For $reasons, I used to be one of the few developers who got root access to production machines in a bunch of companies.

This has helped me get a fairly good understanding of what operations require from developers. It's quite different from what developers require from each other.

In some ways, it's the exact opposite.

The way these two things fit together is through the nebulous concept of "processes", which most people seem to immediately associate with some ISO standard and certifications, which is followed by endless amount of documentation, which must lead to the conclusion that processes must stand in the way of developers doing what they should be doing, which is programming.

I used to be like that.

So what does operations require from developers?

Developers often think of that in terms of "make things easy for ops", such as giving them a single binary to run instead of having them wade through configuration files. And to a degree, that's a fair enough goal to have for devs.

But the truth is, that ops tend to have some coding ability, and there are a ton of configuration management tools out there and in active use.

Complex setups that can be scripted aren't all that complex.

In fact, what operations require *more* from software is adaptability. The way devs tend to run software is usually *not* the way ops need to run it. Simplicity can be a bit of an own goal.

Or, to put it differently, while ops are end-users, they're not to be confused with grandpa trying to figure out this new-fangled electronic mail thingimajig.

What ops require above anything else from devs is boring.

No, really, that's it. Software should be boring.

That is, it should be predictable.

Configuration file formats changing, interfaces changing, setup procedures changing, requirements changing - all of these things shouldn't happen.

Of course they will, and they will have to. That's where scripting helps ops out again. But that means that any change in what ops can reasonably expect must be documented and the documentation communicated in a manner that ops can deal with.

You cannot communicate this the day before a new release should go live.

Which brings me back to processes.

A process is nothing more than putting this communication in place.

The way this manifests is most typically through checklists. Follow steps a-z in your release from dev to ops.

But what these checklists *encapsulate* is the organisation's understanding of the needs of ops from devs (and vice versa for e.g. bug reporting procedures, etc.)

QA is usually in the middle of this process, adding the required check mark on one of the boxes on the list.

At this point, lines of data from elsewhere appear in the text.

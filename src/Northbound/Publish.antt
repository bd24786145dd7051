-- ===== src/Northbound/Publish.antt =====
-- What `NorthboundRegisterBank` shows of the gateway: `publish` and `publishNode`.
use gridex_edge_gateway.Prelude.{
  ℕ, ◌+◌, ◌*◌, ◌-◌, ◌/◌, ◌%◌, Bool, not, ◌&&◌, List, [], ◌∷◌, if◌then◌else◌, ltb, leb, value_or,
  set_all,
}
use gridex_edge_gateway.Prelude.Int.{ℤ, pos, negsuc}
use gridex_edge_gateway.Prelude.Words.{u16_of}
use gridex_edge_gateway.Double.{Double, nought, milli, is_finite, clamp, round_scaled, to_ℤ}
use gridex_edge_gateway.Driver.Codec.{int16_min, int16_max}
use gridex_edge_gateway.Types.{EdgeState, BatteryTelemetry, ConfiguredPowerLimit, is_good}
use gridex_edge_gateway.Controller.{ControllerSnapshot}
use gridex_edge_gateway.Northbound.Bank.{
  NorthboundRegisterBank, node_slot_base, node_slot_stride, node_slot_count,
}
use gridex_edge_gateway.Telemetry.{MbusNodeTelemetry}
use gridex_edge_gateway.Northbound.Input as Input
use gridex_edge_gateway.Northbound.Slot as Slot

unfoldable pub encode_signed_x10 : Double → ℕ
unfolding clamp round_scaled to_ℤ u16_of
encode_signed_x10 value = u16_of (to_ℤ (clamp (round_scaled value 10) int16_min int16_max))

-- The conversion of a value that is not negative.
abbrev pub natural : ℤ → ℕ
natural (pos n) = n
natural (negsuc n) = 0

unfoldable pub encode_unsigned : Double → ℕ → ℕ
unfolding clamp round_scaled to_ℤ
encode_unsigned value scale =
    if not (is_finite value)
    then 0
    else natural (to_ℤ (clamp (round_scaled value scale) nought (milli 65535000)))

unfoldable pub encode_unsigned32 : Double → ℕ → ℕ
unfolding clamp round_scaled to_ℤ
encode_unsigned32 value scale =
    if not (is_finite value)
    then 0
    else natural (to_ℤ (clamp (round_scaled value scale) nought (milli 4294967295000)))

abbrev pub edge_state_word : EdgeState → ℕ
edge_state_word EdgeState.boot = 0
edge_state_word EdgeState.waiting_for_comms = 1
edge_state_word EdgeState.waiting_for_bms_limits = 2
edge_state_word EdgeState.ready = 3
edge_state_word EdgeState.safe_mode = 4
edge_state_word EdgeState.fault = 5
edge_state_word EdgeState.commissioning_locked = 6
edge_state_word EdgeState.waiting_for_pcs_ready = 7

-- A bit that is or-ed into a word where it was clear.
abbrev pub flag : Bool → ℕ → ℕ
flag b v = if b then v else 0

unfoldable pub quality_bits : ControllerSnapshot → ℕ
quality_bits s =
    flag (is_good s.battery.quality) 1
    + flag s.battery.limits_valid 2
    + flag s.ems_connected 4
    + flag s.heartbeat_ok 8
    + flag (not s.battery.pcs_fault && not s.battery.bms_fault) 16
    + flag s.battery.control_ready 32
    + flag s.battery.extended_telemetry_valid 64

unfoldable pub alarm_bits : BatteryTelemetry → ℕ
alarm_bits t = flag t.pcs_warning 1 + flag t.bms_alarm 2

-- The assignments of `publish`, in their order.
unfoldable pub published : ControllerSnapshot → ConfiguredPowerLimit → List (ℕ × ℕ)
unfolding quality_bits alarm_bits encode_signed_x10 encode_unsigned encode_unsigned32
published s limit =
    let t = s.battery in
    (Input.actual_power_kw_x10, encode_signed_x10 t.actual_power_kw)
    ∷ (Input.soc_pct_x10, encode_unsigned t.soc_pct 10)
    ∷ (Input.soh_pct, encode_unsigned t.soh_pct 1)
    ∷ (Input.voltage_vx10, encode_unsigned t.voltage_v 10)
    ∷ (Input.current_ax10, encode_signed_x10 t.current_a)
    ∷ (Input.max_charge_kw_x10, encode_unsigned t.max_charge_kw 10)
    ∷ (Input.max_discharge_kw_x10, encode_unsigned t.max_discharge_kw 10)
    ∷ (Input.battery_status, t.status_code)
    ∷ (Input.battery_system_flags, t.bms_system_flags)
    ∷ (Input.quality_bits, quality_bits s)
    ∷ (Input.edge_state, edge_state_word s.state)
    ∷ (Input.applied_power_kw_x10, encode_signed_x10 s.command.applied_power_kw)
    ∷ (Input.control_ready, flag t.control_ready 1)
    ∷ (Input.configured_max_charge_kw_x10, encode_unsigned (value_or limit.max_charge_kw nought) 10)
    ∷ (
      Input.configured_max_discharge_kw_x10,
      encode_unsigned (value_or limit.max_discharge_kw nought) 10,
    )
    ∷ (Input.dc_power_kw_x10, encode_signed_x10 t.dc_power_kw)
    ∷ (Input.commanded_power_kw_x10, encode_signed_x10 t.commanded_power_kw)
    ∷ (Input.pcs_status, t.pcs_status_code)
    ∷ (Input.reactive_power_kvar_x10, encode_signed_x10 t.reactive_power_kvar)
    ∷ (Input.accumulated_charge_kwh_x10_high, encode_unsigned32 t.accumulated_charge_kwh 10 / 65536)
    ∷ (Input.accumulated_charge_kwh_x10_low, encode_unsigned32 t.accumulated_charge_kwh 10 % 65536)
    ∷ (
      Input.accumulated_discharge_kwh_x10_high,
      encode_unsigned32 t.accumulated_discharge_kwh 10 / 65536,
    )
    ∷ (
      Input.accumulated_discharge_kwh_x10_low,
      encode_unsigned32 t.accumulated_discharge_kwh 10 % 65536,
    )
    ∷ (Input.daily_charge_kwh_x10, encode_unsigned t.daily_charge_kwh 10)
    ∷ (Input.daily_discharge_kwh_x10, encode_unsigned t.daily_discharge_kwh 10)
    ∷ (Input.alarm_bits, alarm_bits t)
    ∷ (Input.frequency_hz_x100, encode_unsigned t.frequency_hz 100)
    ∷ (Input.soc_upper_limit_pct, encode_unsigned t.soc_upper_limit_pct 1)
    ∷ (Input.soc_lower_limit_pct, encode_unsigned t.soc_lower_limit_pct 1)
    ∷ (Input.extended_telemetry_valid, flag t.extended_telemetry_valid 1)
    ∷ (Input.pcs_power_on, flag t.pcs_power_on 1)
    ∷ (Input.pcs_grid_tied, flag t.pcs_grid_tied 1)
    ∷ (Input.pcs_current_source_mode, flag t.pcs_current_source_mode 1)
    ∷ []

unfoldable pub publish :
    ControllerSnapshot → ConfiguredPowerLimit → NorthboundRegisterBank → NorthboundRegisterBank
unfolding published
publish s limit b = record b { input = set_all (published s limit) b.input }

unfoldable pub age_seconds : ℕ → MbusNodeTelemetry → ℕ
age_seconds now sample =
    let age = if sample.online then (now - sample.last_seen) / 1_000_000_000 else 65535 in
    if ltb 65535 age then 65535 else age

-- The assignments of `publishNode`, from the first register of the slot on.
unfoldable pub published_node : ℕ → ℕ → MbusNodeTelemetry → List (ℕ × ℕ)
unfolding age_seconds encode_signed_x10
published_node now base sample =
    (base + Slot.online, flag sample.online 1)
    ∷ (base + Slot.address, sample.address)
    ∷ (base + Slot.node_type, sample.node_type)
    ∷ (base + Slot.node_state, sample.node_state)
    ∷ (base + Slot.driver_id, sample.driver_id)
    ∷ (base + Slot.quality, sample.quality)
    ∷ (base + Slot.heartbeat, sample.heartbeat)
    ∷ (base + Slot.actual_power_kw_x10, encode_signed_x10 sample.actual_power_kw)
    ∷ (base + Slot.energy_wh_high, sample.energy_wh / 65536 % 65536)
    ∷ (base + Slot.energy_wh_low, sample.energy_wh % 65536)
    ∷ (base + Slot.device_state, sample.device_state)
    ∷ (base + Slot.alarm_bits, sample.alarm_bits)
    ∷ (base + Slot.cloud_connected, flag sample.cloud_connected 1)
    ∷ (base + Slot.age_seconds, age_seconds now sample)
    ∷ []

unfoldable pub publish_node :
    ℕ → ℕ → MbusNodeTelemetry → NorthboundRegisterBank → NorthboundRegisterBank
unfolding published_node
publish_node now slot sample b = if leb node_slot_count slot then b else record b {
  input = set_all (published_node now (node_slot_base + slot * node_slot_stride) sample) b.input;
}
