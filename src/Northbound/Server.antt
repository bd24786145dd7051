-- ===== src/Northbound/Server.antt =====
-- `NorthboundModbusTcpServer` of base-rockpie/: what it answers to a request of the energy manager.
pub mod RoundTrip
pub mod Lifecycle
pub mod Session
pub mod Words
use gridex_edge_gateway.Prelude.{
  ℕ, zero, suc, ◌+◌, ◌*◌, ◌%◌, Bool, true, false, not, ◌&&◌, ◌||◌, Option, none, some, List, [],
  ◌∷◌, ◌++◌, bit_or, if◌then◌else◌, ◌==◌, ltb, leb, get_or, length, take,
}
use gridex_edge_gateway.Mbus.Crc.{read_u16, u16_bytes}
use gridex_edge_gateway.Northbound.Bank.{
  NorthboundRegisterBank, read_holding, read_input, write_holding,
}

unfoldable pub exception : ℕ → ℕ → List ℕ
exception function code = bit_or function 0x80 ∷ code ∷ []

-- `appendU16` of each value.
unfoldable pub bytes_of : List ℕ → List ℕ
bytes_of [] = []
bytes_of (v ∷ vs) = u16_bytes v ++ bytes_of vs

-- The loop that reads `count` values from the byte `at` on.
unfoldable pub words_at : List ℕ → ℕ → ℕ → List ℕ
words_at pdu at zero = []
words_at pdu at (suc n) = read_u16 pdu at ∷ words_at pdu (at + 2) n

unfoldable pub values_answer : ℕ → Option (List ℕ) → List ℕ
unfolding exception bytes_of
values_answer function none = exception function 0x02
values_answer function (some values) = function ∷ (length values * 2 % 256) ∷ bytes_of values

unfoldable pub read_answer : List ℕ → NorthboundRegisterBank → List ℕ
unfolding exception values_answer read_holding read_input
read_answer pdu b =
    let function = get_or pdu 0 0 in
    let start = read_u16 pdu 1 in
    let count = read_u16 pdu 3 in
    if not (length pdu == 5)
    then exception function 0x03
    else if count == 0 || ltb 125 count
    then exception function 0x03
    else values_answer function
        (if function == 0x03 then read_holding start count b else read_input start count b)

unfoldable pub write_single : List ℕ → NorthboundRegisterBank → NorthboundRegisterBank × List ℕ
unfolding exception write_holding
write_single pdu b =
    let (done, b') = write_holding (read_u16 pdu 1) (read_u16 pdu 3 ∷ []) b in
    if not (length pdu == 5)
    then (b, exception (get_or pdu 0 0) 0x03)
    else if done
    then (b', pdu)
    else (b', exception (get_or pdu 0 0) 0x02)

unfoldable pub write_multiple : List ℕ → NorthboundRegisterBank → NorthboundRegisterBank × List ℕ
unfolding exception words_at write_holding
write_multiple pdu b =
    let function = get_or pdu 0 0 in
    let start = read_u16 pdu 1 in
    let count = read_u16 pdu 3 in
    let byte_count = get_or pdu 5 0 in
    let (done, b') = write_holding start (words_at pdu 6 count) b in
    if ltb (length pdu) 6
    then (b, exception function 0x03)
    else if count == 0
        || ltb 123 count
        || not (byte_count == count * 2)
        || not (length pdu == 6 + byte_count)
    then (b, exception function 0x03)
    else if done
    then (b', function ∷ (u16_bytes start ++ u16_bytes count))
    else (b', exception function 0x02)

unfoldable pub handle_pdu : List ℕ → NorthboundRegisterBank → NorthboundRegisterBank × List ℕ
unfolding exception read_answer write_single write_multiple
handle_pdu pdu b =
    let function = get_or pdu 0 0 in
    if length pdu == 0
    then (b, exception 0 0x03)
    else if function == 0x03 || function == 0x04
    then (b, read_answer pdu b)
    else if function == 0x06
    then write_single pdu b
    else if function == 0x10
    then write_multiple pdu b
    else (b, exception function 0x01)

-- The header that `handleClient` goes on with: another one ends the connection.
unfoldable pub header_ok : List ℕ → Bool
header_ok header =
    (read_u16 header 2 == 0) && leb 2 (read_u16 header 4) && leb (read_u16 header 4) 254

-- One turn of `handleClient`, with the header and the PDU of the request.
unfoldable pub respond :
    ℕ → List ℕ → List ℕ → NorthboundRegisterBank → NorthboundRegisterBank × List ℕ
unfolding exception handle_pdu
respond unit header pdu b =
    let (b', answer) =
      if not (get_or header 6 0 == unit)
      then (b, exception (get_or pdu 0 0) 0x0B)
      else handle_pdu pdu b in
    (b', take 4 header ++ (u16_bytes ((length answer + 1) % 65536) ++ (get_or header 6 0 ∷ answer)))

Every organisation has a process for this. Every single one of them. Even if it's "oh I just upload that JS file to the production server", that's a process.

It's a shitty one, but it is one.

What is often missing are the checklists. And some structured discussions around how to get to checklists. All of which is shorthand for communication.

The discussions tend to lead to more or less the same place: you either need a gate, or you need recovery.

A gate is a kind of barrier in the process that is somewhat cumbersome to pass, but if you have the right key, passing isn't all that hard.

QA is such a gate. If you cannot pass QA's requirements - which is usually in the form of regression tests and new feature tests - then you cannot go to production.

Recovery refers to the set of procedures you have for rolling back to the last known state in case of a production failure.

Recovery tends to be good in orgs with weak gates and vice versa.

I'm a bit traditionally minded here, and personally prefer my gates to be strong. The industry as a whole tends to prefer strong recovery. There is almost always a mixture of the two employed.

In the end, it barely matters. What matters is that the business goals are met reliably, and the delivery team is not unreasonably stressed out by their combined efforts.

What the whole thing requires regardless of the balance struck here is that developers take some ownership.

This isn't to say that developers "own" that everything goes smoothly. That would be an exaggeration.

But they cannot reasonably have the mindset that throwing code "over the wall" is their job. Their job is to provide to the next down the line - QA, ops, both - exactly what those parties require to do *their* respective jobs.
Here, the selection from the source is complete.